News recently broke that the Public Health Agency of Canada (PHAC) had been procuring location data from millions of mobile devices to study how COVID-19 lockdowns were working.
Appalled opposition MPs called for an emergency meeting of the ethics committee of the House of Commons, fearing that the pandemic was being used as an excuse to scale up surveillance.
At the same time, our group of interdisciplinary experts from around the world convened at a research retreat on the subject of the ethics of mobility data analysis. Computer scientists, together with philosophers and social scientists, looked at the ethical challenges posed by the uses of mobility data, especially those legitimized by the pandemic.
The collection and use of location data
Telecommunications providers like Telus and Rogers know where cellphones are located by triangulation from the cell towers to which each phone connects. The data is a commodity and they share it, in anonymized form, with others, including academics.
Smartphones can also use the global positioning system (GPS) or their connection to Wi-Fi access points to collect location data and share it with companies to receive customized services, like navigation or recommendations.
Many companies are interested in gathering location data even when their services don’t require it, as selling that data to other companies is an attractive prospect. For example, Tectonix tweeted in 2020 about a dashboard it had developed with data acquired from X-Mode to track the cellphones of people who partied on a Fort Lauderdale beach during spring break in March.
Not so anonymous
Companies and data brokers may claim to only store or sell anonymized location data, but that’s little comfort when location data itself is so identifiable and revealing. In particular, and contrary to popular belief, it’s almost impossible to make detailed location data truly anonymous. Even if a sequence of locations visited by an individual is stripped of any connection to that person’s name or other identifiers, the possibility of re-identification due to the inherent information contained in this trajectory must be considered.
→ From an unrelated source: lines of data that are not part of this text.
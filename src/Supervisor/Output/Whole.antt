-- ===== src/Supervisor/Output/Whole.antt =====
-- absorb() as a whole (src/drain.c), and output that arrives in several reads.
use ninit.Prelude.{
  ℕ, zero, suc, ◌≤◌, ◌≡◌, refl, ap, sym, ◌∙◌, List, [], ◌∷◌, ◌++◌, ◌==◌, length, length-append,
  arith, if◌then◌else◌, inl, inr, Bool-cases,
}
use ninit.Supervisor.Output.{
  tail_cap, line_cap, Sink, flush_line, put_seg, Cut, cut, absorb_lines, absorb_tail, absorb,
}
use ninit.Supervisor.Output.Tail.{absorb_tail-append}
use ninit.Supervisor.Output.Lines.{
  take_byte, take_bytes, NoNewline, take_bytes-append, take_bytes-length, put_seg-bytes, flush-line,
}

cut-NoNewline : (bs : List ℕ) → NoNewline (cut bs).seg
unfolding cut
cut-NoNewline [] = tt
cut-NoNewline (b ∷ bs) = elim (Bool-cases (b == 10)) [
  | inl e ↦ rw e tt
  | inr e ↦ rw e (e, cut-NoNewline bs)
]

abbrev joined : Cut → List ℕ
joined c = c.seg ++ (if c.newline then 10 ∷ c.rest else [])

cut-joined : (bs : List ℕ) → joined (cut bs) ≡ bs
unfolding cut
cut-joined [] = refl
cut-joined (b ∷ bs) = elim (Bool-cases (b == 10)) [
  | inl e ↦ let same : 10 ≡ b = ground arith in rw e (ap (λ x. x ∷ bs) same)
  | inr e ↦ rw e (ap (λ t. b ∷ t) (cut-joined bs))
]

absorb_lines-bytes :
    (fuel : ℕ) (buf : List ℕ) (s : Sink)
    → length buf ≤ fuel
    → length s.line ≤ line_cap
    → absorb_lines fuel buf s ≡ take_bytes buf s
unfolding absorb_lines take_bytes take_byte
absorb_lines-bytes zero [] s l h = refl
absorb_lines-bytes zero (b ∷ bs) s l h = absurd (omega arith)
absorb_lines-bytes (suc fuel) [] s l h = refl
absorb_lines-bytes (suc fuel) (b ∷ bs) s l h =
    whole (absorb_lines-bytes fuel) (cut (b ∷ bs)) (cut-NoNewline (b ∷ bs)) (cut-joined (b ∷ bs))
  where
    whole :
        ((buf : List ℕ) (s : Sink)
          → length buf ≤ fuel
          → length s.line ≤ line_cap
          → absorb_lines fuel buf s ≡ take_bytes buf s)
        → (c : Cut) → NoNewline c.seg
        → joined c ≡ b ∷ bs
        → (if c.newline
            then absorb_lines fuel c.rest (flush_line (put_seg (length c.seg) c.seg s))
            else put_seg (length c.seg) c.seg s)
          ≡ take_bytes (b ∷ bs) s
    whole ih c k e =
        let seg = put_seg-bytes (length c.seg) c.seg s (omega arith) h k in
        elim (Bool-cases c.newline) [
          | inl q ↦
              let parts : c.seg ++ 10 ∷ c.rest ≡ b ∷ bs = rw q at e in
              let long = length-append c.seg (10 ∷ c.rest) in
              let short : length c.rest ≤ fuel =
                omega (arith, ap (λ (t : List ℕ). length t) parts) in
              let ended =
                ap (λ (t : List ℕ). length t) (flush-line (put_seg (length c.seg) c.seg s)) in
              rw q (
                ih c.rest _ short (omega arith)
                ∙ ap (λ k. take_bytes c.rest (flush_line k)) seg
                ∙ sym (take_bytes-append c.seg (10 ∷ c.rest) s)
                ∙ ap (λ t. take_bytes t s) parts)
          | inr q ↦
              let parts : c.seg ++ [] ≡ b ∷ bs = rw q at e in
              rw q (seg ∙ sym (take_bytes-append c.seg [] s) ∙ ap (λ t. take_bytes t s) parts)
        ]

-- absorb() puts the bytes into the tail, and does with the lines what a reading byte by byte does,
-- where the unfinished line is no longer than LINE_CAP.
pub absorb-take_bytes :
    (buf : List ℕ) (s : Sink)
    → length s.line ≤ line_cap
    → absorb buf s ≡ take_bytes buf (record s { tail = absorb_tail s.tail buf })
unfolding absorb
absorb-take_bytes buf s h = absorb_lines-bytes (length buf) buf _ (omega arith) h

abbrev set_tail : List ℕ → Sink → Sink
set_tail t s = record s { tail = t }

flush-set_tail : (t : List ℕ) (s : Sink) → flush_line (set_tail t s) ≡ set_tail t (flush_line s)
unfolding flush_line
flush-set_tail t s = go s.line refl
  where
    go : (l : List ℕ) → s.line ≡ l → flush_line (set_tail t s) ≡ set_tail t (flush_line s)
    go [] e = rw (e, flush_line) refl
    go (b ∷ bs) e = rw (e, flush_line) refl

take_byte-set_tail :
    (b : ℕ) (t : List ℕ) (s : Sink) → take_byte b (set_tail t s) ≡ set_tail t (take_byte b s)
unfolding take_byte
take_byte-set_tail b t s = elim (Bool-cases (b == 10)) [
  | inl e ↦ rw e (flush-set_tail t s)
  | inr e ↦ elim (Bool-cases (length s.line == line_cap)) [
    | inl f ↦
        rw (e, f) (ap (λ (k : Sink). record k { line = k.line ++ b ∷ [] }) (flush-set_tail t s))
    | inr f ↦ rw (e, f) refl
  ]
]

take_bytes-set_tail :
    (bs : List ℕ) (t : List ℕ) (s : Sink)
    → take_bytes bs (set_tail t s) ≡ set_tail t (take_bytes bs s)
unfolding take_bytes
take_bytes-set_tail [] t s = refl
take_bytes-set_tail (b ∷ bs) t s =
    ap (take_bytes bs) (take_byte-set_tail b t s) ∙ take_bytes-set_tail bs t (take_byte b s)

-- Output that arrives in two reads leaves the tail, the unfinished line and the logged lines that
-- it leaves in one read, where the tail and the unfinished line are within their bounds.
pub absorb-append :
    (a b : List ℕ) (s : Sink)
    → length s.tail ≤ tail_cap
    → length s.line ≤ line_cap
    → absorb b (absorb a s) ≡ absorb (a ++ b) s
absorb-append a b s ht hl =
    let ta = absorb_tail s.tail a in
    let first = absorb-take_bytes a s hl in
    let x = take_bytes a (set_tail ta s) in
    let kept : x.tail ≡ ta = ap (λ (k : Sink). k.tail) (take_bytes-set_tail a ta s) in
    let short : length x.line ≤ line_cap = take_bytes-length a (set_tail ta s) hl in
    ap (absorb b) first
    ∙ absorb-take_bytes b x short
    ∙ ap (λ t. take_bytes b (set_tail (absorb_tail t b) x)) kept
    ∙ ap (λ t. take_bytes b (set_tail t x)) (absorb_tail-append s.tail a b ht)
    ∙ ap (take_bytes b) (sym (take_bytes-set_tail a (absorb_tail s.tail (a ++ b)) (set_tail ta s)))
    ∙ sym (take_bytes-append a b (set_tail (absorb_tail s.tail (a ++ b)) s))
    ∙ sym (absorb-take_bytes (a ++ b) s hl)
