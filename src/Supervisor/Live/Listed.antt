-- ===== src/Supervisor/Live/Listed.antt =====
-- The live list is a set (src/pidmap.c): each slot's service knows its slot.
use ninit.Prelude.{
  ℕ, ◌+◌, ◌-◌, ◌<◌, ◌≡◌, ◌≢◌, ap, sym, ◌∙◌, true, false, inl, inr, Bool-cases, arith, update_self,
  update_ne,
}
use native.Mathlib.Decide.{ℕ_discrete}
use ninit.Supervisor.Sys.{Run, Sys}
use ninit.Supervisor.Live.{live_add, live_has, live_del}

-- the service in a slot has the slot as its live_pos
pub record IsListed (s : Sys) : Type 0 where
  pub slots : (k : ℕ) → k < s.n_live → (s.runs (s.live k)).live_pos ≡ k

-- live_has, as a fact
has-place :
    (i : ℕ) (s : Sys)
    → live_has i s ≡ true
    → ((s.runs i).live_pos < s.n_live) × (s.live (s.runs i).live_pos ≡ i)
unfolding live_has
has-place i s e = ground arith

place-has :
    (i : ℕ) (s : Sys)
    → (s.runs i).live_pos < s.n_live
    → s.live (s.runs i).live_pos ≡ i
    → live_has i s ≡ true
unfolding live_has
place-has i s l e = ground arith

abbrev place : Run → ℕ
place r = r.live_pos

-- A service that is not in the list is in it once it is added, and the slots stay right.
pub live_add-IsListed :
    (i : ℕ) (s : Sys)
    → live_has i s ≡ false
    → IsListed s
    → IsListed (live_add i s) × (live_has i (live_add i s) ≡ true)
unfolding live_add
live_add-IsListed i s e h = (record { slots = slot }, has)
  where
    t : Sys
    t = live_add i s

    own : place (t.runs i) ≡ s.n_live
    own = ap place (update_self s.runs i _)

    at_end : t.live s.n_live ≡ i
    at_end = update_self s.live s.n_live i

    has : live_has i t ≡ true
    has = place-has i t (omega (arith, own)) (ap t.live own ∙ at_end)

    absent : (k : ℕ) → k < s.n_live → s.live k ≢ i
    absent k l q =
        let where_is : place (s.runs i) ≡ k = ap (λ j. place (s.runs j)) (sym q) ∙ h.slots k l in
        let found = place-has i s (omega arith) (ap s.live where_is ∙ q) in
        absurd (ground (arith, found, e))

    slot : (k : ℕ) → k < s.n_live + 1 → place (t.runs (t.live k)) ≡ k
    slot k l = elim (ℕ_discrete k s.n_live) [
      | yes q ↦
          ap (λ m. place (t.runs (t.live m))) q ∙ ap (λ j. place (t.runs j)) at_end ∙ own ∙ sym q
      | no other ↦
          let inside : k < s.n_live = omega arith in
          ap (λ j. place (t.runs j)) (update_ne s.live s.n_live i other)
          ∙ ap place (update_ne s.runs i _ (absent k inside))
          ∙ h.slots k inside
    ]

-- A service that is in the list is out of it once it is dropped, and the slots stay right.
pub live_del-IsListed :
    (i : ℕ) (s : Sys)
    → live_has i s ≡ true
    → IsListed s
    → IsListed (live_del i s) × (live_has i (live_del i s) ≡ false)
unfolding live_del
live_del-IsListed i s e h = (record { slots = slot }, gone)
  where
    t : Sys
    t = live_del i s

    pos : ℕ
    pos = place (s.runs i)

    inside : pos < s.n_live
    inside = (has-place i s e).0

    here : s.live pos ≡ i
    here = (has-place i s e).1

    last : ℕ
    last = s.live (s.n_live - 1)

    moved : place (t.runs last) ≡ pos
    moved = ap place (update_self s.runs last _)

    slot : (k : ℕ) → k < s.n_live - 1 → place (t.runs (t.live k)) ≡ k
    slot k l = elim (ℕ_discrete k pos) [
      | yes q ↦
          ap (λ m. place (t.runs (t.live m))) q
          ∙ ap (λ j. place (t.runs j)) (update_self s.live pos last)
          ∙ moved
          ∙ sym q
      | no other ↦
          let kept : k < s.n_live = omega arith in
          let apart : s.live k ≢ last = λ q.
            let same : k ≡ s.n_live - 1 =
              sym (h.slots k kept)
              ∙ ap (λ j. place (s.runs j)) q
              ∙ h.slots (s.n_live - 1) (omega arith) in
            absurd (omega arith) in
          ap (λ j. place (t.runs j)) (update_ne s.live pos last other)
          ∙ ap place (update_ne s.runs last _ apart)
          ∙ h.slots k kept
    ]

    gone : live_has i t ≡ false
    gone = elim (Bool-cases (live_has i t)) [
      | inr absent ↦ absent
      | inl present ↦
          let found = has-place i t present in
          elim (ℕ_discrete i last) [
            | yes q ↦
                let end : pos ≡ s.n_live - 1 =
                  ap (λ j. place (s.runs j)) q ∙ h.slots (s.n_live - 1) (omega arith) in
                let back : place (t.runs i) ≡ pos = ap (λ j. place (t.runs j)) q ∙ moved in
                absurd (omega (arith, found.0))
            | no other ↦
                let stays : place (t.runs i) ≡ pos = ap place (update_ne s.runs last _ other) in
                absurd (other (sym found.1 ∙ ap t.live stays ∙ update_self s.live pos last))
          ]
    ]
It becomes quite simple to look up who lives at a given location and assume that where someone spends their days is their work, and where they are in the evenings is their home, and this can uniquely identify a person.
Similar to records of a person’s online activities, the places visited can also reveal sensitive data such as health (repeated visits to a particular clinic), religion, hobbies and family (where your children go to school). Location data is hard to anonymize and can be used to re-identify a person, and all sorts of other information can be inferred from patterns of movement.
Government agencies like PHAC want to use mobility data to understand trends in the “movement of populations during the COVID‑19 pandemic” to study how the disease spreads and also to monitor how measures put in place, such as the confinement, are respected by the population.
The fear expressed by Conservative and Bloc Québécois members of Parliament is that the government is using the pandemic to justify a new level of surveillance of Canadians that could continue even after the pandemic is over.